De una organización similar a Terms and Conditions May Apply, el documental de M. A. Taylor fue acusado por el progresismo norteamericano de “jugar para la derecha”. De hecho, Taylor había realizado otro documental sobre la campaña sucia a favor de Clinton, y muchos de sus argumentos son también usados por la alt right norteamericana y sus medios de expresión como Breitbart News.
Taylor no le presta atención a los algoritmos de reconocimiento facial que operan contra negros y latinos, y tampoco se preocupa demasiado por las publicidades políticas conservadoras enfocadas en las personas que tienen deudas por impuestos. Hay una incongruencia general en el documental, que se hace obscena cuando se acusa a Google y a Facebook de “tirar al bombo” a los políticos y a los mensajes conservadores, de poder decidir una elección y de jugar a favor de Hillary Clinton cuando Trump fue el que ganó las elecciones. Pero pese a esto sus argumentos son incluso aún más sólidos que los de Terms and Conditions May Apply.
El documental, por ejemplo, brinda dos casos de personas que fueron directamente desaparecidas por Google: Robert Epstein, un psiquiatra que había publicado en The Washington Post una serie de textos sobre la posibilidad de Google de manipular electores en base al orden en que pone las respuestas sobre candidatos en su buscador, y el de Jordan Petersen, un gurú de autoayuda canadiense que fue censurado por haberse manifestado en contra de las leyes de identidad de género.
Más allá de que se trate de dos personajes que pueden resultar despreciables, lo cierto es que el modo en que Google los “borró” de la internet es realmente aterrador y da la pauta de que cualquier persona está realmente en sus manos. La ONG Chequeado.com no parece muy preocupada por este asunto.

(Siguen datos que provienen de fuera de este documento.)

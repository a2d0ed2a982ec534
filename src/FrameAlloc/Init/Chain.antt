-- ===== src/FrameAlloc/Init/Chain.antt =====
-- `frame_alloc_init` of mm/frame_alloc.c hands only zones to the allocator that it can work with.
use heaven_os.Prelude.{
  ℕ, ◌+◌, ◌-◌, ◌*◌, ◌/◌, ◌%◌, ◌^◌, ◌≤◌, ◌<◌, ◌≡◌, ◌==◌, ◌||◌, inl, inr, subst, arith, ltb, leb,
  Bool-cases, Option-cases, Option, some, none, List, [], ◌∷◌, ◌++◌,
}
use heaven_os.Memory.{page_size, round_up}
use heaven_os.FrameAlloc.{Zone, max_order, bind-eq-some}
use heaven_os.FrameAlloc.Zones.Serve.{All, Ready}
use heaven_os.FrameAlloc.Init.{MemmapEntry, phys_to_virt, usable_region, zone_add, frame_alloc_init}
use heaven_os.FrameAlloc.Init.Bitmaps.{added, zone_add-added}
use heaven_os.FrameAlloc.Init.Sound.{zone_add-Ready}

-- The entry lies 32 MB below the end of the addresses in the direct mapping.
abbrev pub Mappable : MemmapEntry → Type 0
Mappable entry = 0xffff888000000000 + entry.base_addr + entry.length + 2 ^ 25 < 2 ^ 64

abbrev pub AllMappable : List MemmapEntry → Type 0
AllMappable [] = Unit
AllMappable (entry ∷ rest) = Mappable entry × AllMappable rest

-- A region that `zone_add-Ready` takes.
abbrev Fits : Option (ℕ × ℕ) → Type 0
Fits none = Unit
Fits (some (base, pages)) = (0 < base) × (base + pages * page_size + 2 ^ 24 < 2 ^ 64)

usable_region-Fits :
    (reserved_end : ℕ) (entry : MemmapEntry)
    → Mappable entry
    → Fits (usable_region reserved_end entry)
usable_region-Fits reserved_end entry ok =
    let v = round_up (phys_to_virt entry.base_addr) page_size in
    let lo : 0 < v = omega (arith, ok) in
    let hi : v ≤ 0xffff888000000000 + entry.base_addr + 4096 = omega (arith, ok) in
    let pages = entry.length / page_size in
    let cut = pages - (reserved_end - v) / page_size in
    elim (Bool-cases ((entry.type == 1) || (entry.type == 4))) [
      | inr t ↦ rw t tt
      | inl t ↦ elim (Bool-cases (ltb v reserved_end)) [
        | inr b ↦ elim (Bool-cases (ltb pages (2 ^ max_order))) [
          | inl few ↦ rw (t, b, few) tt
          | inr enough ↦ rw (t, b, enough) (lo, omega (arith, hi, ok))
        ]
        | inl b ↦ elim (Bool-cases (leb ((v + pages * page_size) % 2 ^ 64) reserved_end)) [
          | inl gone ↦ rw (t, b, gone) tt
          | inr some_left ↦ elim (Bool-cases (ltb cut (2 ^ max_order))) [
            | inl few ↦ rw (t, b, some_left, few) tt
            | inr enough ↦
                rw (t, b, some_left, enough)
                  (ground (arith, b), ground (arith, b, some_left, hi, ok))
          ]
        ]
      ]
    ]

All-append :
    (P : Zone → Type 0) (zones : List Zone) (z : Zone) → All P zones → P z → All P (zones ++ z ∷ [])
All-append P [] z all here = (here, tt)
All-append P (y ∷ zones) z (first, all) here = (first, All-append P zones z all here)

zone_add-All :
    (zones zs : List Zone) (addr pages n : ℕ)
    → All Ready zones
    → (0 < addr) × (addr + pages * page_size + 2 ^ 24 < 2 ^ 64)
    → zone_add zones addr pages ≡ some (zs, n)
    → All Ready zs
zone_add-All zones zs addr pages n all (pos, below) e =
    let (bitmap, runs, whole, count) = zone_add-added zones addr pages e in
    let e' : zone_add zones addr pages ≡ some (zones ++ added addr pages bitmap ∷ [], n) =
      rw whole e in
    subst (All Ready) whole (
      All-append Ready zones (added addr pages bitmap) all
        (zone_add-Ready zones addr pages e' pos below))

-- If `frame_alloc_init` returns for entries that end 32 MB below the end of the direct mapping, from zones
-- that are `Ready` for `zone_alloc`, as none are at first, then all zones that it leaves are `Ready`.
pub frame_alloc_init-Ready :
    (reserved_end : ℕ) (entries : List MemmapEntry) (zones zs : List Zone) (pgcnt n : ℕ)
    → AllMappable entries
    → All Ready zones
    → frame_alloc_init reserved_end entries zones pgcnt ≡ some (zs, n)
    → All Ready zs
frame_alloc_init-Ready reserved_end [] zones zs pgcnt n ok all e =
    let same : zones ≡ zs = cc in subst (All Ready) same all
frame_alloc_init-Ready reserved_end (entry ∷ rest) zones zs pgcnt n (ok, oks) all e =
    elim (Option-cases (usable_region reserved_end entry)) [
      | inl gone ↦
          let ran = rw (gone, frame_alloc_init) at e in
          frame_alloc_init-Ready reserved_end rest zones zs pgcnt n oks all ran
      | inr ((base, pages), found) ↦
          let ran = rw (found, frame_alloc_init) at e in
          let fits : Fits (some (base, pages)) =
            subst Fits found (usable_region-Fits reserved_end entry ok) in
          let ((zones', m), made, later) = bind-eq-some (zone_add zones base pages) ran in
          frame_alloc_init-Ready reserved_end rest zones' zs (pgcnt + m) n oks
            (zone_add-All zones zones' base pages m all fits made) later
    ]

Y es justamente en este punto donde radica la eficacia del documental: no muestra complejas tramas de espionaje o letras ocultas, sino simplemente la forma casi banal en que todas y cada una de nuestras búsquedas en Google o nuestras visualizaciones en Facebook están manipuladas, editadas y censuradas, por humanos o por máquinas programadas con criterios cerrados, ideológicos y lucrativos.
Muestra cómo Google, al igual que los Estados Unidos deciden sobre una lista de personas a las que darán muerte, tiene una lista de sitios prohibidos, donde su navegador hegemónico impide acceder. Muestra las trampas y dificultades que Google y Facebook ofrecen para otorgarnos nuestra información si se las pedimos. Y hace hincapié en el SEME (Search engine manipulation effect), la forma de manipulación más fuerte y sutil que existe.
Dado que sólo el 5% de las búsquedas pasan de la primera página de resultados, lo cierto es que a través de la internet accedemos a la porción del mundo que Google elige mostrarnos. Que además viene con un servicio de autollenado de las búsquedas que es muchísimo más peligroso y tendencioso que las fake news. Y Google sólo se debe a sus accionistas.
El documental confirma que hoy vigilancia y gobernanza son lo mismo. Que las plataformas de extracción de datos dicen que hacen el bien pero sólo hacen el monopolio. Que se plantean como foros abiertos y de participación libre, pero lucran con una manipulación deliberada de la información que pone en tela de juicio lo que hasta el momento entendimos por democracia. ¿Lo dice desde la derecha? Es difícil precisarlo. Sus ejemplos tienden a eso, es cierto.
Pero también es cierto que enfoca la supuesta neutralidad de mecanismos ultra ideológicos regidos por empresas que, a fin de cuentas, son la expresión más palpable de la lógica darwinista del capital financiero. Y demuestra que, cuánto más soga les demos, más rápido nos van a ahorcar.